Go through the records, and copy each line in which the string "begun" is present.
· · · · ·
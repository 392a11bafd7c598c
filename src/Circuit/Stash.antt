-- ===== src/Circuit/Stash.antt =====
-- `CircuitPSI::process` where a cuckoo table has a stash that is not empty.
use petace_set_ops.Base.{ℕ, ◌^◌, ◌<◌, ◌≡◌, ◌≢◌, List, true, false, length}
use petace_set_ops.Net.{fail, stash_not_empty}
use petace_set_ops.Net.Run.{Sys, Steps, Reach, joined}
use petace_set_ops.Net.Meet.{Meets-bind, Meets-flip, Meets-every_schedule}
use petace_set_ops.Kkrt.Phases.{VerseLaws}
use petace_set_ops.Circuit.Tables.{Duet}
use petace_set_ops.Circuit.{hint_bins, sender_phase, receiver_phase, process}
use petace_set_ops.Circuit.Joint.{Inputs, object, bins, hint_table, key_table, blocks, y_masks}
use petace_set_ops.Circuit.Transfer.{Meets-no_stash, Meets-stash, transfer-Meets}
use petace_set_ops.Circuit.Process.{SizesFit, exchange_sizes-Meets}

module _ (inputs : Inputs) (duet : Duet) (fit : SizesFit inputs) where
  open inputs use {hashing, verse, pads, own, x_keys, x_features, y_keys, y_features}

  -- If the receiver's cuckoo table has a stash that is not empty, then in every interleaving both parties
  -- go on to throw, and nobody gets shares, if the sizes fit their types.
  pub process_key_stash :
      (own_y : ℕ → ℕ) (n : ℕ) (u : Sys (List (List ℕ)) (List (List ℕ)))
      → (key_table inputs).stash_size ≢ 0
      → (key_table inputs).stash_size < 2 ^ 64
      → Steps n
          (joined
            (process hashing verse pads duet (object inputs true) own x_keys x_features)
            (process hashing verse pads duet (object inputs false) own_y y_keys y_features))
          u
      → Reach u (joined (fail stash_not_empty) (fail stash_not_empty))
  unfolding process
  process_key_stash own_y n u stash fits =
      Meets-every_schedule _ _ (fail stash_not_empty) (fail stash_not_empty) n u
        (Meets-bind _ _ _ _ (length y_keys, length y_features) (length x_keys, length x_features)
          (fail stash_not_empty) (fail stash_not_empty)
          (exchange_sizes-Meets (length x_keys) (length x_features) (length y_keys)
            (length y_features) fit.x_keys fit.x_features fit.y_keys fit.y_features)
          (Meets-flip _ _ (fail stash_not_empty) (fail stash_not_empty)
            (Meets-stash (key_table inputs).stash_size _ _ stash fits)))
        tt tt

  -- If the sender's table of its own entries has a stash that is not empty, and the receiver's
  -- table none, then after the transfer both parties throw, in every interleaving too.
  pub process_hint_stash :
      (laws : VerseLaws verse) (own_y : ℕ → ℕ) (n : ℕ) (u : Sys (List (List ℕ)) (List (List ℕ)))
      → length (key_table inputs).values ≡ bins inputs
      → (key_table inputs).stash_size ≡ 0
      → (hint_table inputs).stash_size ≢ 0
      → (hint_table inputs).stash_size < 2 ^ 64
      → Steps n
          (joined
            (process hashing verse pads duet (object inputs true) own x_keys x_features)
            (process hashing verse pads duet (object inputs false) own_y y_keys y_features))
          u
      → Reach u (joined (fail stash_not_empty) (fail stash_not_empty))
  unfolding process hint_bins sender_phase receiver_phase
  process_hint_stash laws own_y n u full no_stash stash fits =
      Meets-every_schedule _ _ (fail stash_not_empty) (fail stash_not_empty) n u
        (Meets-bind _ _ _ _ (length y_keys, length y_features) (length x_keys, length x_features)
          (fail stash_not_empty) (fail stash_not_empty)
          (exchange_sizes-Meets (length x_keys) (length x_features) (length y_keys)
            (length y_features) fit.x_keys fit.x_features fit.y_keys fit.y_features)
          (Meets-flip _ _ (fail stash_not_empty) (fail stash_not_empty) (
            Meets-no_stash (key_table inputs).stash_size _ (fail stash_not_empty) _
              (fail stash_not_empty) no_stash
              (Meets-flip _ _ (fail stash_not_empty) (fail stash_not_empty) (
                Meets-bind _ _ _ _ (laws.key_of (blocks inputs))
                  (y_masks inputs (laws.key_of (blocks inputs))) _ _
                  (transfer-Meets inputs laws full)
                  (Meets-stash (hint_table inputs).stash_size _ _ stash fits))))))
        tt tt
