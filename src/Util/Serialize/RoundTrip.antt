-- ===== src/Util/Serialize/RoundTrip.antt =====
-- What is serialized is read back.
use petace_set_ops.Base.{
  List, [], ◌∷◌, ◌++◌, append_assoc, append-nil, ◌≡◌, ◌≢◌, sym, ap, ◌∙◌, arith, Bytes,
}
use petace_set_ops.Util.Serialize.{
  push_chars, serialize_string_to_char, deserialize_loop, deserialize_string_from_char,
}

-- No character of a string is the zero byte.
abbrev pub LacksZero : Bytes → Type 0
LacksZero [] = Unit
LacksZero (c ∷ str) = (c ≢ 0) × LacksZero str

abbrev pub AllLackZero : List Bytes → Type 0
AllLackZero [] = Unit
AllLackZero (str ∷ input) = LacksZero str × AllLackZero input

push_chars-append : (str output : Bytes) → push_chars str output ≡ output ++ str
unfolding push_chars
push_chars-append [] output = rw append-nil
push_chars-append (c ∷ str) output = simp (push_chars-append str, append_assoc)

-- The accumulator only grows.
serialize_append :
    (input : List Bytes) (output : Bytes)
    → serialize_string_to_char input output ≡ output ++ serialize_string_to_char input []
unfolding serialize_string_to_char
serialize_append [] output = rw append-nil
serialize_append (str ∷ input) output =
    simp (push_chars-append, append_assoc)
      (serialize_append input (output ++ (str ++ 0 ∷ []))
        ∙ append_assoc output (str ++ 0 ∷ []) (serialize_string_to_char input [])
        ∙ ap (◌++◌ output) (sym (serialize_append input (str ++ 0 ∷ []))))

-- The inner loop reads a string up to its zero.
deserialize_loop-string :
    (str rest begun : Bytes) (output : List Bytes)
    → LacksZero str
    → deserialize_loop (str ++ 0 ∷ rest) begun output
      ≡ deserialize_loop rest [] (output ++ (begun ++ str) ∷ [])
unfolding deserialize_loop
deserialize_loop-string [] rest begun output h = rw append-nil
deserialize_loop-string (c ∷ str) rest begun output (hc, hs) = ground (
  arith,
  deserialize_loop-string str rest (begun ++ c ∷ []) output hs,
  append_assoc begun (c ∷ []) str,
)

deserialize_loop-serialize :
    (input : List Bytes) (output : List Bytes)
    → AllLackZero input
    → deserialize_loop (serialize_string_to_char input []) [] output ≡ output ++ input
unfolding serialize_string_to_char
deserialize_loop-serialize [] output h = unfold deserialize_loop in rw append-nil
deserialize_loop-serialize (str ∷ input) output (hs, hi) = rw (
  serialize_append input (push_chars str [] ++ 0 ∷ []),
  push_chars-append,
  append_assoc,
  deserialize_loop-string str _ [] output hs,
  deserialize_loop-serialize input _ hi,
  append_assoc,
)

-- Strings without a zero byte, as many as there are and empty ones too, are read back as they were
-- serialized, behind whatever the output vector held.
pub deserialize-serialize :
    (input output : List Bytes)
    → AllLackZero input
    → deserialize_string_from_char (serialize_string_to_char input []) output ≡ output ++ input
unfolding deserialize_string_from_char
deserialize-serialize input output h = deserialize_loop-serialize input output h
· · · · ·
**Answer section:**
    (str rest begun : Bytes) (output : List Bytes)
    → deserialize_loop (str ++ 0 ∷ rest) begun output
      ≡ deserialize_loop rest [] (output ++ (begun ++ str) ∷ [])
deserialize_loop-string [] rest begun output h = rw append-nil
deserialize_loop-string (c ∷ str) rest begun output (hc, hs) = ground (
  deserialize_loop-string str rest (begun ++ c ∷ []) output hs,
  append_assoc begun (c ∷ []) str,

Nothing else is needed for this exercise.